===== EXERCISE DATA

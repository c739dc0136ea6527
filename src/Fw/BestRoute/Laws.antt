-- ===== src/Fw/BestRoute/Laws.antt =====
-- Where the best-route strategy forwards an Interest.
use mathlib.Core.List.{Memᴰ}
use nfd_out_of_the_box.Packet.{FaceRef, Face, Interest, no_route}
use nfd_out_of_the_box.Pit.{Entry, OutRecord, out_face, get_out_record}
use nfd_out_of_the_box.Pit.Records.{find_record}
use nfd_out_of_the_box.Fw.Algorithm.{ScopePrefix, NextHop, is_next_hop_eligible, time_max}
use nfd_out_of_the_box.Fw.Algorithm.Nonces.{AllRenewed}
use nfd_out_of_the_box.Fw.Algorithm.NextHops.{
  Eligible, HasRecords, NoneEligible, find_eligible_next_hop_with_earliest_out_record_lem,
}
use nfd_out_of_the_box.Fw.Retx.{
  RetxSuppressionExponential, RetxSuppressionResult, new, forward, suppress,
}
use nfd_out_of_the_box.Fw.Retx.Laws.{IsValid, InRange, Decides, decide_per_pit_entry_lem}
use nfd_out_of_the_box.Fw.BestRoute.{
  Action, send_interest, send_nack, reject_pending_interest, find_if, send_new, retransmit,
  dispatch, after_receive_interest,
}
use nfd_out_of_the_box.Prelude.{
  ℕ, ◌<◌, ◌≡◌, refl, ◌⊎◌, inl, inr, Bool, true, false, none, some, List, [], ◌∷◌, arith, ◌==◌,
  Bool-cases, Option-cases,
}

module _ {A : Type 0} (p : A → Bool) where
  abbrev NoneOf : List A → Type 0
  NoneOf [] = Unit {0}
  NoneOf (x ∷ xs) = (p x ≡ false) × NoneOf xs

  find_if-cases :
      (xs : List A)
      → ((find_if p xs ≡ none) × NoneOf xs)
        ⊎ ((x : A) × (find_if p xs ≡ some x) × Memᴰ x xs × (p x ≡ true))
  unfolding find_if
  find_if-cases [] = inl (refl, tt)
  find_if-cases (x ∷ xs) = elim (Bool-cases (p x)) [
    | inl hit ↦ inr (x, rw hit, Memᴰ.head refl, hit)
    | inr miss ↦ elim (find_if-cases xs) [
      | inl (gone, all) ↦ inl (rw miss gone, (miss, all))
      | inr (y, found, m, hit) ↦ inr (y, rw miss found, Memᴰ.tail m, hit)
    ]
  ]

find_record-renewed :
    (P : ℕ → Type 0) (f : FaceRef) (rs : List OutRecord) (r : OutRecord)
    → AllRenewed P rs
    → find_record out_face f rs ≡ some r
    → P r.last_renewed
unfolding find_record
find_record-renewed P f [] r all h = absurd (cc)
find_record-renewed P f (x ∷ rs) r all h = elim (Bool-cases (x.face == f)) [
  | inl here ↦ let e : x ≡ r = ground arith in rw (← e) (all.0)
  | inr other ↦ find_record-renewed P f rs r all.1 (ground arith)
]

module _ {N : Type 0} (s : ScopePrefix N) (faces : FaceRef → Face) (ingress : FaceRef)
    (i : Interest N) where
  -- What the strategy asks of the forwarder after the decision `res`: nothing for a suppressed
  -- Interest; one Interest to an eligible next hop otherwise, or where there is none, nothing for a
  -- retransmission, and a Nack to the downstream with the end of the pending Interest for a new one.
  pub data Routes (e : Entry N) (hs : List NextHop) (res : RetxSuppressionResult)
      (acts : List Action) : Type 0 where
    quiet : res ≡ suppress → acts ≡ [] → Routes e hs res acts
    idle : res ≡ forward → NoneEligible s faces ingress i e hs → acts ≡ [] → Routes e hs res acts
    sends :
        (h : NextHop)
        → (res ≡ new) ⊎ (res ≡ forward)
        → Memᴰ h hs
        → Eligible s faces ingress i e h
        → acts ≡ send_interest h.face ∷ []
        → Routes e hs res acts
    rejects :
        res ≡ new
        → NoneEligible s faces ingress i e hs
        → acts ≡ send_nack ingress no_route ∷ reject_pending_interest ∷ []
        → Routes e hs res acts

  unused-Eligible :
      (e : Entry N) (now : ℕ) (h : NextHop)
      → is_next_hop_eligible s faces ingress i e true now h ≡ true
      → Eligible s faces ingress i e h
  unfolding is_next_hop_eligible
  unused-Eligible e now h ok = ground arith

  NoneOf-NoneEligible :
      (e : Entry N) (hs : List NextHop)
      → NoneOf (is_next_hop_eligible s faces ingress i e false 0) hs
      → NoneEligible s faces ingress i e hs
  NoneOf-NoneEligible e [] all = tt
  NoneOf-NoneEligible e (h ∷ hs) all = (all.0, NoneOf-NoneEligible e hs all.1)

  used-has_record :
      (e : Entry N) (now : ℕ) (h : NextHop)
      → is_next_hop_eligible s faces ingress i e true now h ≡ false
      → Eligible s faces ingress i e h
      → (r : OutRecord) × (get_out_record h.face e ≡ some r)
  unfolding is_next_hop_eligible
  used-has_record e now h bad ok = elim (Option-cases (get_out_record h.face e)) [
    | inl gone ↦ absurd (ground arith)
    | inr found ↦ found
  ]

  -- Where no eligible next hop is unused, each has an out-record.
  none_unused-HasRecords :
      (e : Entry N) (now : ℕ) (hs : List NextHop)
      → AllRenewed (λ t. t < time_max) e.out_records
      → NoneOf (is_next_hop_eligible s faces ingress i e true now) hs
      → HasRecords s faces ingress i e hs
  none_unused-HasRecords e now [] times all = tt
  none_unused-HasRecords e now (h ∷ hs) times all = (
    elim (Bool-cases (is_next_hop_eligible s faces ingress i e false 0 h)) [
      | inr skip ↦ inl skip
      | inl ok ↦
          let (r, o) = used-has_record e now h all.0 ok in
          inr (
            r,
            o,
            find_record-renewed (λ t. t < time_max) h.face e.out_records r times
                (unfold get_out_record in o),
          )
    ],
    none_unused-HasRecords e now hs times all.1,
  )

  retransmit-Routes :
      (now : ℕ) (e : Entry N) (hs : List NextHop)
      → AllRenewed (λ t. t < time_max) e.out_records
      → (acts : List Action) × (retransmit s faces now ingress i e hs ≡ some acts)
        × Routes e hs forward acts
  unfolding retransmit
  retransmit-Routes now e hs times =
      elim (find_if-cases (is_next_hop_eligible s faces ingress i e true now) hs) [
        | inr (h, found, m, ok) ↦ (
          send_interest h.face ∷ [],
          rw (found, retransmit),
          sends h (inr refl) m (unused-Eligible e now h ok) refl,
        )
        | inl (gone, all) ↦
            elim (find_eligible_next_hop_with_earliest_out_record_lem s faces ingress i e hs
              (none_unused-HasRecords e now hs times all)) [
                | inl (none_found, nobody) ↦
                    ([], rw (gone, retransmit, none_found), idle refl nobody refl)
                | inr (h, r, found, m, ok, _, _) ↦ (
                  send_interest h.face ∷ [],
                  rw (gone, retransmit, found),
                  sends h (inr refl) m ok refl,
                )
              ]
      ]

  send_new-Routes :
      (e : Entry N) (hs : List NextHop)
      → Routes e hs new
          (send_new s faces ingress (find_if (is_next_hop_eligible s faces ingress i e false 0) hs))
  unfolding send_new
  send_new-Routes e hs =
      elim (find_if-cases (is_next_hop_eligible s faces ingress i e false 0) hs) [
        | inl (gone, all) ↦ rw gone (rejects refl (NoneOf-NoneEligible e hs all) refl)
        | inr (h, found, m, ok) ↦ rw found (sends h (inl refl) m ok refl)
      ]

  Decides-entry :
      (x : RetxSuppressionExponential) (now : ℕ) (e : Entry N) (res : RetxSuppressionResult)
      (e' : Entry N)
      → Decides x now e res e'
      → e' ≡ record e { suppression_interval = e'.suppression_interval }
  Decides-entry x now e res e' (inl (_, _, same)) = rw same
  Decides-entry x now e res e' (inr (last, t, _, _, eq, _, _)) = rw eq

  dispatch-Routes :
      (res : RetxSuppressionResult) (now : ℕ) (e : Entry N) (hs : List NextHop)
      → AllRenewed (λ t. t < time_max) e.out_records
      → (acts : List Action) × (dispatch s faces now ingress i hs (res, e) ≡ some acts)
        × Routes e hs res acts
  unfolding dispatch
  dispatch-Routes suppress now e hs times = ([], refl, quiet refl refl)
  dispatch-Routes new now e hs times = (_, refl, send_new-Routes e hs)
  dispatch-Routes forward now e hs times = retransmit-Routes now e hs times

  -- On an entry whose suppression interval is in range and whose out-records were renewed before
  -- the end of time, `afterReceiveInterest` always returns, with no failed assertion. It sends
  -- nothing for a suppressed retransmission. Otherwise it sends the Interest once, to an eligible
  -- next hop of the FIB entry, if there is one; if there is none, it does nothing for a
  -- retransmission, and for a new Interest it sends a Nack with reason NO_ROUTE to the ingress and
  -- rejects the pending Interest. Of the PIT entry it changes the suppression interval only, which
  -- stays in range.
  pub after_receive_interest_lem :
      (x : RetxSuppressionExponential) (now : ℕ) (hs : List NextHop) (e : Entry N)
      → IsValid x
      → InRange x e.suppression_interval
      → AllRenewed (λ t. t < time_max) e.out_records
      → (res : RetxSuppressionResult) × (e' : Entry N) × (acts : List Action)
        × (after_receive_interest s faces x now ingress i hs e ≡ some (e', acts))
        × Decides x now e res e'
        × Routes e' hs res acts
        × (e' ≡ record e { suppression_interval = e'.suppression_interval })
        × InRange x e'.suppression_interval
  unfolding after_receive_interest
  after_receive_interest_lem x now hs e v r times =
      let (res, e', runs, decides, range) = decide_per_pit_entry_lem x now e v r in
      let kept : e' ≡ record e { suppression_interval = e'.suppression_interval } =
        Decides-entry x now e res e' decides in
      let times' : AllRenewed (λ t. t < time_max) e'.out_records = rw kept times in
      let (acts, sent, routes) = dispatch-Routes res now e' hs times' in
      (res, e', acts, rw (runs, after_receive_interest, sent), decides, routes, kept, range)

==========

» **EXERCISE AIM**: State how many lines of the entries above include the word "Memᴰ", offering no text other than the number.

» **ANSWER FOR THIS EXERCISE**: 5